Dear all,
I have a question on how to design the model matrix to properly analyze my RNAseq data.
Here the summary of my data: I have two conditions (young and old). In each condition I have 3 biological replicates (sample) and each biological replicate is replicated twice (technical replicate), in total 12 libraries. My technical replicates are not different runs or different sequencing machines, they are two libraries generated from one single biological replicate. All 12 samples were sequenced together. So it is different from a batch effect.
Here is the structure of my target
> target
condition sample technical
1 young 1 a
2 young 1 b
3 young 2 a
4 young 2 b
5 young 3 a
6 young 3 b
7 old 4 c
8 old 4 d
9 old 5 c
10 old 5 d
11 old 6 c
12 old 6 d
My aim: I want to know the differentially expressed genes between young and old.
I think I need to design the model.matrix taking into account the technical replicates nested within sample nested within condition (if it was a standard glm I would write it like this: ~condition/sample/technical) but I am not sure how to do it in edgeR
I tried
design<-model.matrix(~condition + technical, data=target)
fit <-glmFit(d,design)
lrt<-glmLRT(fit,coef="condition")
but I do not think this is correct because my technical replicates should be nested within sample.
From the edgeR userguide, I got the following suggestion:
design<-model.matrix(~condition + condition:technical, data=target)
fit <-glmFit(d,design)
lrt<-glmLRT(fit,coef="condition")
but still I am missing the sample term which I think it is necessary to give as input for the full nested design.

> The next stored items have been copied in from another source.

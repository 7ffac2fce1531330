-- ===== src/Process/Deferred/Catching.antt =====
-- The first phase of unwinding in src/process/stack.cpp, in which a stack waits for deferred calls.
use Prim.Native.String.{String}
use mathlib.Core.List.{reverse}
use wudoovm.Common.{
  false, length, take-append_length, ℕ, ◌<◌, ◌≡◌, refl, ap, ap₂, ◌∙◌, true, Option, none, some,
  List, [], ◌∷◌, ◌++◌, take, ◌==◌, Bool-cases, inl, inr, arith, ==_iff,
}
use wudoovm.Common.Outcome.{ok}
use wudoovm.Process.Code.{Kernel, get_entry_point_of_block, lookup}
use wudoovm.Process.State.{
  Process, Stack, TryFrame, Thrown, update, running, suspended_by_deferred_during_stack_unwinding,
}
use wudoovm.Process.Action.{missing, found, put_stack, modify}
use wudoovm.Process.Frames.{mem_new, set_state, push_order}
use wudoovm.Process.Unwinding.{
  register_frames, switch_to_top, suspend_for_deferred, unwind, find_catcher, unwind_call_stack_to,
  unwind_by, try_frames_from, distance_to, catch_thrown, in_flight,
}
use wudoovm.Process.Ownership.{Below, Distinct, put_stack_self}
use wudoovm.Process.Runs.{bind_run_ok, bind_ok, bind_gets, bind_modify, bind_on_stack}
use wudoovm.Process.Deferred.{HasEntries, waiting, frames_of, singles, without_base}
use wudoovm.Process.Deferred.Frames.{
  deferred_of, cleared_all, register_frames-Registers, schedule, schedule-switch,
}
use wudoovm.Process.Deferred.Distance.{StopsAt, distance_to-append}
use wudoovm.Process.Deferred.Catchers.{
  found_run, switch_to_top_stacks, switch_to_top_frames, jump_to, jump_to_stack, unwind_caught_run,
  unwind_try_stack_to_run, find_catcher-append, try_frames_from-append, NoCatcher,
}

==_refl : (a : ℕ) → (a == a) ≡ true
==_refl a = ground arith

module _ {V : Type 0} (k : Kernel) (s : ℕ) where
  -- The first phase, with the frames that are left.
  unwind_call_stack_to_first :
      (p : Process V) (f : Option ℕ) (above : List ℕ) (b : ℕ) (below : List ℕ)
      → Stack.current_state (p.stack_at s) ≡ running
      → Stack.frames (p.stack_at s) ≡ above ++ (b ∷ below)
      → mem_new f above ≡ false
      → StopsAt f b below
      → unwind_call_stack_to k s f p ≡ suspend_for_deferred k s (reverse above) p
  unfolding unwind_call_stack_to unwind_by
  unwind_call_stack_to_first p f above b below r e out stop =
      let fs = Stack.frames (p.stack_at s) in
      bind_gets (λ q. q.stack_at s) _ p
      ∙ bind_run_ok (found missing (distance_to f fs)) _ p p (length above) (
          found_run missing (distance_to f fs) (length above) p
            (ap (distance_to f) e ∙ distance_to-append f above b below out stop))
      ∙ rw r refl
      ∙ ap (λ xs. suspend_for_deferred k s (reverse xs) p)
          (ap (take (length above)) e ∙ take-append_length above (b ∷ below))

  -- Writes to a stack that leave its frames alone do not change which frames wait.
  pub waiting_put :
      (p : Process V) (x : Stack V) (order : List ℕ)
      → x.frames ≡ Stack.frames (p.stack_at s)
      → frames_of (update p.stack_at s x) order ≡ frames_of p.stack_at order
  waiting_put p x [] h = refl
  waiting_put p x (j ∷ order) h = elim (Bool-cases (j == s)) [
    | inl same ↦ rw (same, (==_iff j s).0 same, h, waiting_put p x order h) refl
    | inr other ↦ rw (other, waiting_put p x order h) refl
  ]

  -- The stacks of the deferred calls run before the stack that is suspended for them.
  suspend_for_deferred-schedule :
      (fs : List ℕ) (p : Process V)
      → HasEntries k p.frame_at (deferred_of p.frame_at fs)
      → Distinct fs
      → Below p.next_stack p.stacks_order
      → s < p.next_stack
      → (q : Process V) × (suspend_for_deferred k s fs p ≡ (ok tt, q))
        × (schedule q
            ≡ reverse (singles (deferred_of p.frame_at fs))
              ++ (Stack.frames (p.stack_at s) ∷ waiting p))
        × (without_base (q.stack_at s)
            ≡ without_base (record (p.stack_at s) {
              current_state = suspended_by_deferred_during_stack_unwinding;
            }))
        × (q.frame_at ≡ cleared_all p.frame_at fs)
  unfolding suspend_for_deferred set_state modify
  suspend_for_deferred-schedule fs p es d b lt =
      let x : Stack V = record (p.stack_at s) {
        current_state = suspended_by_deferred_during_stack_unwinding;
      } in
      let p2 = push_order s (put_stack s x p) in
      let h = register_frames-Registers k s fs p2 es d (lt, b) lt in
      let r = (register_frames k s fs p2).1 in
      let q = switch_to_top r.stacks_order r in
      (
        q,
        bind_on_stack s _ _ p
            ∙ bind_modify (push_order s) _ (put_stack s x p)
            ∙ bind_ok (register_frames k s fs) _ p2 tt h.0
            ∙ refl,
        schedule-switch r (Stack.frames (p.stack_at s)) (waiting p) _ (
            h.1.waits
            ∙ ap (◌++◌ (reverse (singles (deferred_of p.frame_at fs))))
                (waiting_put p x (s ∷ p.stacks_order) refl)),
        ap (λ g. without_base (g s)) (switch_to_top_stacks r.stacks_order r)
            ∙ h.1.kept s lt
            ∙ ap without_base (put_stack_self p s x),
        switch_to_top_frames r.stacks_order r ∙ h.2,
      )

  waiting_jump : (entry : ℕ × ℕ) (p : Process V) → waiting (jump_to k s entry p) ≡ waiting p
  unfolding jump_to
  waiting_jump entry p =
      let p1 = put_stack s (record (p.stack_at s) { jump_base = some entry.1 }) p in
      waiting_put p1 (record (p1.stack_at s) { instruction_pointer = some entry.0 }) p.stacks_order
        refl
      ∙ waiting_put p (record (p.stack_at s) { jump_base = some entry.1 }) p.stacks_order refl

  in_flight_running :
      (x : Stack V) (e : Thrown V)
      → x.current_state ≡ running
      → x.thrown ≡ some e
      → in_flight x ≡ some e
  in_flight_running x e r th = ground arith

  caught_stack :
      (x : Stack V) (e : Thrown V)
      → x.current_state ≡ running
      → x.thrown ≡ some e
      → catch_thrown x ≡ record x { thrown = none; caught = some e }
  caught_stack x e r th = ground arith

  -- An exception that a try frame catches, thrown on a stack that runs and has a frame: the stack
  -- waits below the deferred calls of the frames above the one that entered the block, or above the
  -- bottom one if that frame is not on the stack, and the innermost frame's last call runs first. The
  -- exception is caught, and when the stack runs again its next instruction is the first of the
  -- handler. Of the try frames those before the first that catches are left, and the others stay.
  -- Distinct frames and known functions and blocks are assumed.
  pub unwind_caught :
      (p : Process V) (e : Thrown V) (t : ℕ) (name : String) (entry : ℕ × ℕ)
      (later us above : List ℕ) (b : ℕ) (below : List ℕ)
      → let x = p.stack_at s in
        let f = TryFrame.associated_frame (p.try_frame_at t) in
        let left = reverse above in
        Stack.current_state x ≡ running
        → Stack.thrown x ≡ some e
        → Stack.tryframes x ≡ later ++ (t ∷ us)
        → NoCatcher p.try_frame_at e.tag later
        → lookup (TryFrame.catchers (p.try_frame_at t)) e.tag ≡ some name
        → get_entry_point_of_block k name ≡ some entry
        → Stack.frames x ≡ above ++ (b ∷ below)
        → mem_new f above ≡ false
        → StopsAt f b below
        → HasEntries k p.frame_at (deferred_of p.frame_at left)
        → Distinct left
        → Below p.next_stack p.stacks_order
        → s < p.next_stack
        → (q : Process V) × (unwind k s p ≡ (ok tt, q))
          × (schedule q
              ≡ reverse (singles (deferred_of p.frame_at left)) ++ (Stack.frames x ∷ waiting p))
          × (without_base (q.stack_at s) ≡ record x {
            current_state = suspended_by_deferred_during_stack_unwinding;
            jump_base = none;
            instruction_pointer = some entry.0;
            thrown = none;
            caught = some e;
            tryframes = t ∷ us;
          })
          × (q.frame_at ≡ cleared_all p.frame_at left)
  unfolding jump_to
  unwind_caught p e t name entry later us above b below r th tf nc lk ep split out stop es d order
        lt =
      let x = p.stack_at s in
      let f = TryFrame.associated_frame (p.try_frame_at t) in
      let p1 = put_stack s (catch_thrown x) p in
      let p3 = jump_to k s entry p1 in
      let at_s : p3.stack_at s ≡ record x {
        jump_base = some entry.1;
        instruction_pointer = some entry.0;
        thrown = none;
        caught = some e;
      } =
        jump_to_stack k s entry p1
        ∙ ap {A = Stack V}
            (λ z. record z { jump_base = some entry.1; instruction_pointer = some entry.0 })
            (put_stack_self p s (catch_thrown x) ∙ caught_stack x e r th) in
      let left = reverse above in
      let h = suspend_for_deferred-schedule left p3 es d order lt in
      let q1 = h.0 in
      let fc =
        ap (find_catcher p.try_frame_at e.tag) tf
        ∙ find_catcher-append p.try_frame_at e.tag name t us lk later nc in
      let from = try_frames_from-append p.try_frame_at e.tag name t us lk later nc in
      let stk =
        h.3
        ∙ ap {A = Stack V}
            (λ z.
              without_base
                (record z { current_state = suspended_by_deferred_during_stack_unwinding }))
            at_s in
      let q = put_stack s (record (q1.stack_at s) { tryframes = t ∷ us }) q1 in
      (
        q,
        unwind_caught_run k s p e t name entry (in_flight_running x e r th) fc lk ep
            ∙ bind_run_ok (unwind_call_stack_to k s f) _ p3 q1 tt (
                unwind_call_stack_to_first p3 f above b below (ap Stack.current_state at_s ∙ r)
                  (ap Stack.frames at_s ∙ split) out stop
                ∙ h.1)
            ∙ unwind_try_stack_to_run k s q1 t (t ∷ us) (
                ap (try_frames_from t) (ap Stack.tryframes stk) ∙ ap (try_frames_from t) tf ∙ from),
        waiting_put q1 (record (q1.stack_at s) { tryframes = t ∷ us }) (q1.stack ∷ q1.stacks_order)
              refl
            ∙ h.2
            ∙ ap₂ (λ a w. reverse (singles (deferred_of p.frame_at left)) ++ (a ∷ w))
                (ap Stack.frames at_s)
                (waiting_jump entry p1
                  ∙ waiting_put p (catch_thrown x) p.stacks_order
                      (ap Stack.frames (caught_stack x e r th))),
        ap without_base (put_stack_self q1 s (record (q1.stack_at s) { tryframes = t ∷ us }))
            ∙ ap {A = Stack V} (λ z. record z { tryframes = t ∷ us }) stk,
        h.4,
      )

The following two options will not work as they give errors at the dispersion estimate step:
design<-model.matrix(~condition + condition:sample:technical, data=target)
design<-model.matrix(~condition:technical, data=target)
Any idea is really really welcome!
Thanks for your help!
Silvia
Hi Aaron,
thank you very much for your suggestion!
I am trying to do what you suggested and it looks like it's working. I thought about pooling the technical replicates, but I was not sure at which point I was supposed to pool.
And this is what I get when I check the NB dispersions
summary(d.temp$trended)
Min. 1st Qu. Median Mean 3rd Qu. Max.
0.05544 0.26690 0.45460 0.42990 0.61060 0.75630
I still think that I am probably loosing some information by pooling the technical replicates, but it is more conservative.
Thanks again
Silvia
Okay, those dispersions are pretty high. Make sure your
design.temp
is constructed usingtarget$sample
; my original post was incorrectly usingtarget$technical
. The other possibility is that you're getting high technical dispersions for low-abundance genes, so filtering might help; but I doubt it, because even the lowest trended dispersion is still quite high.Anyway, regarding your last comment; if the counts were truly Poisson-distributed between replicates, you wouldn't lose any information. This is because the expression for the likelihood (conditional on the mean) is effectively the same regardless of whether you pool the counts or keep them separate. As a result, you will obtain the same coefficients and dispersion estimates from either approach. Of course, pooling is more convenient as it allows us to plug it in to the existing framework.
Hi Aaron, thanks again for your comment. Yes, my design.temp is constructed using target$sample. Indeed the dispersions are quite high, this is why I don' t think pooling is the best option. However, at the moment it looks like it is the best I can do using edgeR. When I look at the heatmap of the significant differentially expressed genes that I get after pooling the technical replicates (heatmap generated using the Trinity command analyze_diff_expr.pl and the matrix.TMM_normalized.FPKM generated with Trinity), I can see that the technical replicates are rather different and not clustering as I would expect them to do...
By the way, do you have any suggestion (or a link) on how I could generate my heatmap for the differentially expressed genes, after pooling the replicates? I mean a heatmap where I would see only my 6 samples, 3 per condition.
Thank you very much!
Silvia
Well, the presence of these kinds of large technical overdispersion is a troubling issue. How are you getting your counts? If you're counting de novo transcripts assembled with Trinity, there might be extra variability introduced by assembly process, e.g., different assemblies formed between libraries.